One of the decisions the TailWind CSS team made was a preflight normalization of all (or most) html entities. That means headings are unstyled, margins are removed, lists are unstyled and images are all block level. I naively thought to myself, “Well the RichTextEditor only has a handful of options for bold, italic, and a few headings, maybe I’ll wrap the article text in a class, write some CSS for it and move on.” I was about 100 lines into crafting some terrible css and found I needed to manage a list with a nested list. My CSS skills had reached their limit. After reviewing Stack Overflow questions on the topic for 15 minutes I decided to sleep on it.
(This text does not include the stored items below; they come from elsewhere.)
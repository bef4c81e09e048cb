-- ===== src/Client/Cli/Kept.antt =====
-- The files that registering a key leaves as they were.
use rdrive.Base.{
  ℕ, ◌≡◌, refl, ◌∙◌, ap, Bool, false, not, ◌&&◌, Option, none, some, [], ◌∷◌, arith, Bytes, codes,
  bytes_eq, length, ◌==◌,
}
use rdrive.Base.Outcome.{Outcome, ok, err, panic, pending}
use rdrive.Fault.{
  Fault, bad_key_file, bad_public_key, handshake_failed, deserialize_failed, refused,
}
use rdrive.Run.{Run, gets, fail, lift}
use rdrive.Run.Keeps.{
  Keeps, Keeps-bind, Keeps-pure, Keeps-or_fail, Keeps-if, Keeps-fail_if, Keeps-panic_if,
}
use rdrive.Crypto.{Primitives, generate_ed25519_keypair}
use rdrive.Wire.{Wire, draw, map_err, renamed}
use rdrive.Wire.Frames.{read_encrypt_data_into, write_encrypt_frame_into}
use rdrive.Disk.{FilePath, path_eq, exists, create_dir_all, write_file, read_file}
use rdrive.Disk.Contents.{file_at, file_at-create_dir_all, file_at-read_file, file_at-write_file}
use rdrive.Header.{Command}
use rdrive.Server.{Site}
use rdrive.Client.{Profile, Client, ServerMap, key_of, on_wire, on_disk, ask}
use rdrive.Client.Handshake.{
  read_or_create, write_map, remember, confirm, known_server, unknown_server, approved_server_key,
  client_handshake,
}
use rdrive.Client.Commands.{request, check_error, check_flag, auth_packet, auth_client, split_flag}
use rdrive.Client.Cli.{
  private_key_path, public_key_path, generate_keypair, read_text, decode_key, existing_keys,
  decode_pair,
}

renamed_state : {S A : Type 0} (e : Fault) (r : Outcome Fault A × S) → (renamed e r).1 ≡ r.1
renamed_state e (ok a, s) = refl
renamed_state e (err f, s) = refl
renamed_state e (panic, s) = refl
renamed_state e (pending, s) = refl

abbrev pub Holds : FilePath → Option Bytes → Client → Type 0
Holds q c s = file_at q s.disk ≡ c

module _ {A : Type 0} (q : FilePath) (c : Option Bytes) where
  Keeps-on_wire : (m : Run Wire A) → Keeps (Holds q c) (on_wire m)
  Keeps-on_wire m = record { at = λ s h. h }

  Keeps-gets : (f : Client → A) → Keeps (Holds q c) (gets f)
  Keeps-gets f = record { at = λ s h. h }

  Keeps-lift : (r : Outcome Fault A) → Keeps (Holds q c) (lift r)
  Keeps-lift r = record { at = λ s h. h }

  Keeps-fail : (e : Fault) → Keeps (Holds q c) (fail {A = A} e)
  Keeps-fail e = record { at = λ s h. h }

module _ (q : FilePath) (c : Option Bytes) where
  Keeps-create_dir_all : (p : FilePath) → Keeps (Holds q c) (on_disk (create_dir_all p))
  Keeps-create_dir_all p = record { at = λ s h. file_at-create_dir_all p q s.disk ∙ h }

  Keeps-read_file : (p : FilePath) → Keeps (Holds q c) (on_disk (read_file p))
  Keeps-read_file p = record { at = λ s h. file_at-read_file p q s.disk ∙ h }

  Keeps-write_file :
      (p : FilePath) (s : Bytes)
      → path_eq p q ≡ false
      → Keeps (Holds q c) (on_disk (write_file p s))
  Keeps-write_file p b e = record { at = λ s h. file_at-write_file p q b s.disk e ∙ h }

  Keeps-ask : Keeps (Holds q c) ask
  Keeps-ask = record { at = λ s h. ground (arith, h) }

ruleset keeps = (
  Keeps-bind, Keeps-pure, Keeps-or_fail, Keeps-if, Keeps-fail_if, Keeps-panic_if, Keeps-on_wire,
  Keeps-gets, Keeps-fail, Keeps-create_dir_all, Keeps-read_file, Keeps-write_file, Keeps-ask,
)

module _ (P : Primitives) (C : Site) (U : Profile) (q : FilePath) (c : Option Bytes) where
  read_text-Keeps : (p : FilePath) → Keeps (Holds q c) (read_text P C U p)
  unfolding read_text
  read_text-Keeps p = search keeps

  decode_key-Keeps : (hex : Bytes) → Keeps (Holds q c) (decode_key P C U hex)
  unfolding decode_key
  decode_key-Keeps hex = search keeps depth 10

  pub existing_keys-Keeps : Keeps (Holds q c) (existing_keys P C U)
  unfolding existing_keys
  existing_keys-Keeps = Keeps-bind _ _ (Keeps-gets q c (λ s. s.disk)) (λ disk.
      Keeps-if (exists (private_key_path P C U) disk && exists (public_key_path P C U) disk) _ _
        (Keeps-bind _ _ (read_text-Keeps (private_key_path P C U)) (λ pri.
          Keeps-bind _ _ (read_text-Keeps (public_key_path P C U))
            (λ pub_. Keeps-pure (some (pri, pub_)))))
        (Keeps-pure none))

  pub decode_pair-Keeps : (files : Bytes × Bytes) → Keeps (Holds q c) (decode_pair P C U files)
  unfolding decode_pair
  decode_pair-Keeps (pri, pub_) = search (keeps, decode_key-Keeps) depth 16

  pub generate_keypair-Keeps : Keeps (Holds q c) (generate_keypair P C U)
  unfolding generate_keypair
  generate_keypair-Keeps =
      Keeps-bind _ _ (Keeps-on_wire q c (draw P 32))
        (λ k. Keeps-lift q c (generate_ed25519_keypair P k (codes "ed25519 key gen-test")))

module _ (P : Primitives) (C : Site) (U : Profile) (q : FilePath) (c : Option Bytes)
    (apart : path_eq U.server_map_path q ≡ false) where
  write_map-Keeps : (m : ServerMap) → Keeps (Holds q c) (write_map P C U m)
  unfolding write_map
  write_map-Keeps m = search keeps

  remember-Keeps : (key : Bytes) (m : ServerMap) → Keeps (Holds q c) (remember P C U key m)
  unfolding remember
  remember-Keeps key m = Keeps-bind _ _ (write_map-Keeps _) (λ _. Keeps-pure _)

  read_or_create-Keeps : Keeps (Holds q c) (read_or_create P C U)
  unfolding read_or_create
  read_or_create-Keeps = search keeps depth 16

  confirm-Keeps : Keeps (Holds q c) (confirm P C U)
  unfolding confirm
  confirm-Keeps = search keeps depth 16

  known_server-Keeps :
      (key existing : Bytes) (m : ServerMap) → Keeps (Holds q c) (known_server P C U key m existing)
  unfolding known_server
  known_server-Keeps key existing m =
      Keeps-if (not (bytes_eq existing (P.hex key))) _ _
        (Keeps-bind _ _ confirm-Keeps (λ _.
          Keeps-bind _ _ (remember-Keeps (P.hex (P.sha256 (P.hex key))) m) (λ _. Keeps-pure key)))
        (Keeps-bind _ _ (Keeps-or_fail (P.unhex existing) bad_key_file) (λ k.
          Keeps-bind _ _
            (Keeps-bind _ _ (Keeps-fail_if (not (length k == 32)) bad_key_file)
              (λ _. Keeps-fail_if (not (P.valid_key k)) bad_public_key))
            (λ _. Keeps-pure k)))

  unknown_server-Keeps :
      (key : Bytes) (m : ServerMap) → Keeps (Holds q c) (unknown_server P C U key m)
  unfolding unknown_server
  unknown_server-Keeps key m = search (keeps, confirm-Keeps, remember-Keeps) depth 16

  decided-Keeps :
      (key : Bytes) (m : ServerMap) (o : Option Bytes)
      → Keeps (Holds q c) (elim o [
        | some existing ↦ known_server P C U key m existing
        | none ↦ unknown_server P C U key m
      ])
  decided-Keeps key m none = unknown_server-Keeps key m
  decided-Keeps key m (some existing) = known_server-Keeps key existing m

  approved_server_key-Keeps :
      (trust : Bool) (key : Bytes) → Keeps (Holds q c) (approved_server_key P C U trust key)
  unfolding approved_server_key
  approved_server_key-Keeps trust key = Keeps-bind _ _ read_or_create-Keeps (λ stored.
      Keeps-bind _ _ (Keeps-fail_if (not (P.valid_key key)) bad_public_key) (λ _.
        Keeps-bind _ _ (Keeps-if trust _ _ (remember-Keeps (P.hex key) stored) (Keeps-pure stored))
          (λ m. decided-Keeps key m (key_of U.server_ip m))))

  client_handshake-Keeps : (trust : Bool) → Keeps (Holds q c) (client_handshake P C U trust)
  unfolding client_handshake
  client_handshake-Keeps trust = search (keeps, approved_server_key-Keeps) depth 30 fits 4000

  map_err-Keeps :
      {A : Type 0} (e : Fault) (m : Run Client A)
      → Keeps (Holds q c) m
      → Keeps (Holds q c) (map_err e m)
  map_err-Keeps e m k = record {
    at = λ s h. ap (λ t. file_at q t.disk) (renamed_state e (m s)) ∙ k.at s h;
  }

  request-Keeps : (key : Bytes) (command : Command) → Keeps (Holds q c) (request P C U key command)
  unfolding request
  request-Keeps key command = search keeps depth 16

  check_error-Keeps :
      (flag : ℕ) (payload : Bytes) → Keeps (Holds q c) (check_error P C U flag payload)
  unfolding check_error
  check_error-Keeps flag payload =
      Keeps-if (flag == 3) _ _
        (Keeps-bind _ _ (Keeps-or_fail (C.error_header.deserialize payload) deserialize_failed)
          (λ _. Keeps-fail q c refused))
        (Keeps-if (flag == 2) _ _
          (Keeps-bind _ _ (Keeps-or_fail (C.warn_header.deserialize payload) deserialize_failed)
            (λ _. Keeps-pure tt))
          (Keeps-pure tt))

  check_flag-Keeps :
      (flag : ℕ) (payload : Bytes) → Keeps (Holds q c) (check_flag P C U flag payload)
  unfolding check_flag
  check_flag-Keeps flag payload =
      Keeps-bind _ _ (check_error-Keeps flag payload) (λ _. Keeps-fail_if _ _)

  split_flag-Keeps : (rsp : Bytes) → Keeps (Holds q c) (split_flag P C U rsp (check_flag P C U))
  split_flag-Keeps [] = record { at = λ s h. h }
  split_flag-Keeps (flag ∷ payload) = check_flag-Keeps flag payload

  pub auth_client-Keeps :
      (public_key : Bytes) (old : Option Bytes)
      → Keeps (Holds q c) (auth_client P C U public_key old)
  unfolding auth_client
  auth_client-Keeps public_key old =
      Keeps-bind _ _ (map_err-Keeps handshake_failed _ (client_handshake-Keeps false)) (λ key.
        Keeps-bind _ _ (request-Keeps key _) (λ nonce.
          Keeps-bind _ _ (Keeps-panic_if (not (length nonce == 64))) (λ _.
            Keeps-bind _ _
              (Keeps-on_wire q c
                (write_encrypt_frame_into P key (auth_packet P C U old public_key nonce)))
              (λ _.
                Keeps-bind _ _ (Keeps-on_wire q c (read_encrypt_data_into P key))
                  (λ rsp. split_flag-Keeps rsp)))))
Here is my plug for open source. I am employed at a mid sized law firm as a systems analyst with particular emphasis on supporting the Finance department’s needs (time and billing). Firms of this size pay thousands of dollars for support for products that can’t be easily updated, require outside project management to oversee due to the complexities, have 6 month to year long upgrade projects and support is generally spotty (with a few exceptions). My experience with startups like Clubhouse.IO with free plans for small teams, and open source projects like TailWind CSS, Django-Auth-ADFS and now Wagtail, have cemented my belief that we can do better, and owe it to the teams of people behind these projects to give back however we can. This sentiment may be much better stated on a previous blog post.

The Tailwind CSS community is active on Twitter, so just before heading off to sleep I let them know via a tweet about the issue I ran into.
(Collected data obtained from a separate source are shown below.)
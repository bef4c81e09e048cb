-- ===== src/Run/Laws.antt =====
-- Running a bind whose first step is known, and taking a successful bind apart.
use rdrive.Base.{◌≡◌, ◌≢◌, refl, ap, inl, inr, ◌⊎◌, arith}
use rdrive.Base.Outcome.{Outcome, ok, err, panic, pending}
use rdrive.Fault.{Fault}
use rdrive.Run.{Run, after, ◌>>=◌}

module _ {S A B : Type 0} (m : Run S A) (f : A → Run S B) {s s' : S} where
  pub >>=-ok : {a : A} → m s ≡ (ok a, s') → (m >>= f) s ≡ f a s'
  >>=-ok e = ap (after f) e

  pub >>=-err : {e : Fault} → m s ≡ (err e, s') → (m >>= f) s ≡ (err e, s')
  >>=-err e = ap (after f) e

  pub >>=-panic : m s ≡ (panic, s') → (m >>= f) s ≡ (panic, s')
  >>=-panic e = ap (after f) e

  pub >>=-pending : m s ≡ (pending, s') → (m >>= f) s ≡ (pending, s')
  >>=-pending e = ap (after f) e

-- The four ways that a step can end.
pub Run-cases :
    {S A : Type 0} (r : Outcome Fault A × S)
    → ((a : A) × (s : S) × (r ≡ (ok a, s)))
      ⊎ ((e : Fault) × (s : S) × (r ≡ (err e, s)))
      ⊎ ((s : S) × (r ≡ (panic, s)))
      ⊎ ((s : S) × (r ≡ (pending, s)))
Run-cases (ok a, s) = inl (a, s, refl)
Run-cases (err e, s) = inr (inl (e, s, refl))
Run-cases (panic, s) = inr (inr (inl (s, refl)))
Run-cases (pending, s) = inr (inr (inr (s, refl)))

pub after-eq-ok :
    {S A B : Type 0} (f : A → Run S B) (r : Outcome Fault A × S) {b : B} {t : S}
    → after f r ≡ (ok b, t)
    → (a : A) × (s' : S) × (r ≡ (ok a, s')) × (f a s' ≡ (ok b, t))
after-eq-ok f (ok a, s) h = (a, s, refl, h)
after-eq-ok f (err e, s) h = absurd (ground arith)
after-eq-ok f (panic, s) h = absurd (ground arith)
after-eq-ok f (pending, s) h = absurd (ground arith)

pub >>=-eq-ok :
    {S A B : Type 0} (m : Run S A) (f : A → Run S B) (s : S) {b : B} {t : S}
    → (m >>= f) s ≡ (ok b, t)
    → (a : A) × (s' : S) × (m s ≡ (ok a, s')) × (f a s' ≡ (ok b, t))
>>=-eq-ok m f s h = after-eq-ok f (m s) h

-- A block does not panic if none of its steps does.
pub after-ne-panic :
    {S A B : Type 0} (f : A → Run S B) (r : Outcome Fault A × S)
    → r.0 ≢ panic
    → ((a : A) (s : S) → (f a s).0 ≢ panic)
    → (after f r).0 ≢ panic
after-ne-panic f (ok a, s) h k = k a s
after-ne-panic f (err e, s) h k = λ p. cc
after-ne-panic f (panic, s) h k = λ p. h refl
after-ne-panic f (pending, s) h k = λ p. cc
Tweet to tailwindcss describing the issue with no styles

The next day I woke up to an early reply from Tobias Wollender, who I don’t think has any relation to Tailwind CSS. I think people who use open source tools are more likely to help others using those tools - thank you Tobias!
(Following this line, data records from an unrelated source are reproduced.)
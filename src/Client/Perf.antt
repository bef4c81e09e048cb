-- ===== src/Client/Perf.antt =====
-- `client_echo_perf`: the first phase, what it makes of the handshakes that it tries until its time is up. The
-- list holds how each attempt ends. Times are whole microseconds and whole seconds.
pub mod Averages
pub mod Echoes
pub mod Exchange
pub mod Dialing
pub mod Answered
pub mod Growth
pub mod Session
pub mod Trial
pub mod Percentiles
pub mod Tests
use rdrive.Base.{
  ℕ, zero, suc, ◌+◌, ◌*◌, ◌/◌, Bool, true, false, Option, none, some, List, [], ◌∷◌, ◌++◌, length,
  ltb, leb, ◌==◌, if◌then◌else◌,
}
use rdrive.Base.Outcome.{Outcome, ok, panic, ◌>>=◌}
use rdrive.Fault.{Fault}

pub data Attempt : Type 0 where
  connected : (elapsed_us : ℕ) → Attempt
  -- `AddrInUse` or `AddrNotAvailable`
  out_of_ports : Attempt
  failed : Attempt

pub record Sample : Type 0 where
  -- Successes and failures, and the latencies of the successes.
  pub hss : ℕ
  pub hsf : ℕ
  pub latencies : List ℕ

abbrev pub no_sample : Sample
no_sample = record { hss = 0; hsf = 0; latencies = [] }

abbrev pub handshake_port_cap : ℕ
handshake_port_cap = 8192

-- The `while` loop.
unfoldable pub sample_handshakes : List Attempt → Sample → Sample
sample_handshakes [] s = s
sample_handshakes (connected elapsed_us ∷ rest) s =
    let more =
      sample_handshakes rest
        (record s { hss = s.hss + 1; latencies = s.latencies ++ (elapsed_us ∷ []) }) in
    if ltb s.hss handshake_port_cap then more else s
sample_handshakes (out_of_ports ∷ rest) s = s
sample_handshakes (failed ∷ rest) s =
    let more = sample_handshakes rest (record s { hsf = s.hsf + 1 }) in
    if ltb s.hss handshake_port_cap then more else s

unfoldable pub insert : ℕ → List ℕ → List ℕ
insert x [] = x ∷ []
insert x (y ∷ ys) = let rest = insert x ys in if leb x y then x ∷ y ∷ ys else y ∷ rest

-- `sort_unstable`
unfoldable pub sort : List ℕ → List ℕ
sort [] = []
sort (x ∷ xs) = insert x (sort xs)

abbrev pub get_elem? : List ℕ → ℕ → Option ℕ
get_elem? [] i = none
get_elem? (x ∷ xs) zero = some x
get_elem? (x ∷ xs) (suc i) = get_elem? xs i

abbrev pub indexed : Option ℕ → Outcome Fault ℕ
indexed none = panic
indexed (some x) = ok x

-- `latencies[(latencies.len() * k) / 100]`
unfoldable pub percentile : ℕ → List ℕ → Outcome Fault ℕ
percentile k latencies = indexed (get_elem? latencies (length latencies * k / 100))

pub record Report : Type 0 where
  pub handshake_per_sec : ℕ
  pub p50 : ℕ
  pub p95 : ℕ
  pub p99 : ℕ

-- Handshakes per second, and three percentiles.
abbrev pub sample_report : ℕ → Sample → Outcome Fault Report
sample_report sample_elapsed s =
    let latencies = sort s.latencies in
    if sample_elapsed == 0
    then panic
    else (percentile 50 latencies >>= λ p50. percentile 95 latencies >>= λ p95.
        percentile 99 latencies >>= λ p99.
        ok (record { handshake_per_sec = s.hss / sample_elapsed; p50 = p50; p95 = p95; p99 = p99 }))

unfoldable pub handshake_report : ℕ → List Attempt → Outcome Fault Report
handshake_report sample_elapsed attempts =
    sample_report sample_elapsed (sample_handshakes attempts no_sample)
Tweet suggesting class prose may help from Tobias Wollender

Thanks to some good documentation, this Typography plugin turns out to be super easy to add; immediately the articles on my staging site look well styled and easy to read in the front end of the site simply by wrapping the content with a class “prose”.

Screenshot of prose class implementation

Adding the “lg:prose” adds some additional spacing for large breakpoints; one of the coolest things is that the typography plugin increases the margins to immediately make it more readable. Tailwind Labs has a video showing a site conversion which demonstrates this quite nicely: https://youtu.be/PUYvTrQTm2M?t=3090.

I’m at a point now where we start going through the task of reviewing the current site top to bottom and ensuring accuracy, articles are proofread and spell checked and all content is edited. While that’s happening we’ll most likely spin up a shared host on Linode or Digital Ocean to build out the ‘Future Prod’ instance of the site and put together our deployment plan. I’ve still got plenty to learn with Wagtail, but the combination of Wagtail and TailwindCSS has reduced efforts greatly, allowing me to focus on our overall infrastructure and get to that Members Login feature/subsite.

I’m hoping to go live with the new site sometime in the month of December 2020, allowing a path forward for new features under a single system, with one membership list and a cms that plays nicely with my plans for document automation, notifications and board of director management. Anything created which is potentially useful to others will land somewhere under my GitHub page.

Thank you to Tom for inviting me to share my experience so far with our migration from WordPress to Wagtail + Tailwind CSS.